▶ [Required work]:
Return every line in the entries below where the word "RequestPuzzleState" shows up.

*** Extracted material ***

-- ===== src/PeerSimulator/Limits.antt =====
-- The subscription limit and the replies of crates/chia-sdk-test/src/peer_simulator/ws_connection.rs.
use chia_wallet_sdk.Prelude.{
  ℕ, ◌≤◌, ◌≡◌, ◌↔◌, Bool, true, false, Option, some, List, arith, Option-cases, inl, inr, nat_eq,
}
use chia_wallet_sdk.Prelude.IndexSet
use chia_wallet_sdk.Protocol.{Bytes32, SocketAddr, SpendBundle, ok}
use chia_wallet_sdk.Simulator.{External, Simulator}
use chia_wallet_sdk.PeerSimulator.Subscriptions.{
  Subscriptions, subscription_count, subscription_count-add_coin, subscription_count-add_puzzle,
}
use chia_wallet_sdk.PeerSimulator.Messages.{
  SimulatorConfig, Request, RequestCoinState, RequestPuzzleState, Response, type_of,
  reject_coin_state, reject_puzzle_state, reject_puzzle_solution,
}
use chia_wallet_sdk.PeerSimulator.Handlers
use chia_wallet_sdk.PeerSimulator.Updates
use chia_wallet_sdk.PeerSimulator.Connection.{Node, Handled, Reply, handle_message}

abbrev pub WithinLimits : SimulatorConfig → Subscriptions → Type 0
WithinLimits config subs =
    (peer : SocketAddr) → subscription_count subs peer ≤ config.max_subscriptions

module _ {R : Type 0} where
  request_coin_state-WithinLimits :
      (peer : SocketAddr) (request : RequestCoinState) (config : SimulatorConfig) (s : Simulator R)
      (subs : Subscriptions)
      → WithinLimits config subs
      → WithinLimits config (Handlers.request_coin_state peer request config s subs).1
  unfolding Handlers.request_coin_state
  request_coin_state-WithinLimits peer request config s subs w who =
      ground (
        arith,
        w who,
        subscription_count-add_coin subs peer who (IndexSet.collect request.coin_ids),
      )

  request_puzzle_state-WithinLimits :
      (peer : SocketAddr) (request : RequestPuzzleState) (config : SimulatorConfig)
      (s : Simulator R) (subs after : Subscriptions) (r : Response)
      → WithinLimits config subs
      → Handlers.request_puzzle_state peer request config s subs ≡ some (r, after)
      → WithinLimits config after
  unfolding Handlers.request_puzzle_state
  request_puzzle_state-WithinLimits peer request config s subs after r w e who = ground (
    arith,
    w who,
    subscription_count-add_puzzle subs peer who (IndexSet.collect request.puzzle_hashes),
  )

-- Requests that the limit applies to: all but the two older registrations, which do not check it.
abbrev pub limited : Request → Bool
limited (Request.register_for_coin_updates ids min_height) = false
limited (Request.register_for_ph_updates phs min_height) = false
limited _ = true

abbrev pub is_reject : Response → Bool
is_reject (reject_puzzle_solution coin_name height) = true
is_reject (reject_coin_state reason) = true
is_reject (reject_puzzle_state reason) = true
is_reject _ = false

module _ {R : Type 0} (x : External R) (name : SpendBundle → Bytes32) (config : SimulatorConfig)
    (addr : SocketAddr) (connected : List SocketAddr) (id : Option ℕ) where
  -- Every message but the two older registrations keeps each peer's subscriptions within the limit.
  pub handle_message-WithinLimits :
      (request : Request) (n : Node R) (h : Handled R)
      → handle_message x name config addr connected id request n ≡ some (ok h)
      → limited request ≡ true
      → WithinLimits config n.subscriptions
      → WithinLimits config h.node.subscriptions
  unfolding handle_message
  handle_message-WithinLimits (Request.send_transaction bundle) n h e l w who =
      ground (arith, w who)
  handle_message-WithinLimits (Request.register_for_coin_updates ids m) n h e l w who = cc
  handle_message-WithinLimits (Request.register_for_ph_updates phs m) n h e l w who = cc
  handle_message-WithinLimits (Request.request_puzzle_solution coin_name height) n h e l w who =
      ground (arith, w who)
  handle_message-WithinLimits (Request.request_children coin_name) n h e l w who =
      ground (arith, w who)
  handle_message-WithinLimits (Request.request_coin_state request) n h e l w who =
      ground (
        arith,
        request_coin_state-WithinLimits addr request config n.simulator n.subscriptions w who,
      )
  handle_message-WithinLimits (Request.request_puzzle_state request) n h e l w who =
      elim (Option-cases
        (Handlers.request_puzzle_state addr request config n.simulator n.subscriptions)) [
          | inl panics ↦ ground (arith, panics)
          | inr ((body, subs), made) ↦ ground (
            arith,
            made,
            request_puzzle_state-WithinLimits addr request config n.simulator n.subscriptions subs
                body w made who,
          )
        ]
  handle_message-WithinLimits (Request.other msg_type) n h e l w who = cc

  -- The type of a reply fits its body.
  abbrev pub Fits : Reply → Type 0
  Fits r = (r.id ≡ id) × ((type_of r.body ≡ r.msg_type) ↔ (is_reject r.body ≡ false))

  -- Every reply carries the id of its request, and its message type is that of its body exactly if the
  -- body is no rejection: rejections go out under the type of the response that they refuse.
  pub handle_message_reply :
      (request : Request) (n : Node R) (h : Handled R)
      → handle_message x name config addr connected id request n ≡ some (ok h)
      → Fits h.reply
  unfolding handle_message
  handle_message_reply (Request.send_transaction bundle) n h e =
      unfold Updates.send_transaction in ground arith
  handle_message_reply (Request.register_for_coin_updates ids m) n h e =
      unfold Handlers.register_for_coin_updates in ground arith
  handle_message_reply (Request.register_for_ph_updates phs m) n h e =
      unfold Handlers.register_for_ph_updates in ground arith
  handle_message_reply (Request.request_puzzle_solution coin_name height) n h e =
      unfold Handlers.request_puzzle_solution in ground arith
  handle_message_reply (Request.request_children coin_name) n h e =
      unfold Handlers.request_children in ground arith
  handle_message_reply (Request.request_coin_state request) n h e =
      unfold Handlers.request_coin_state in ground arith
  handle_message_reply (Request.request_puzzle_state request) n h e =
      unfold Handlers.request_puzzle_state in ground arith
  handle_message_reply (Request.other msg_type) n h e = cc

*** End of Extracted material ***

▶ [Problem solution]:
  SimulatorConfig, Request, RequestCoinState, RequestPuzzleState, Response, type_of,
      (peer : SocketAddr) (request : RequestPuzzleState) (config : SimulatorConfig)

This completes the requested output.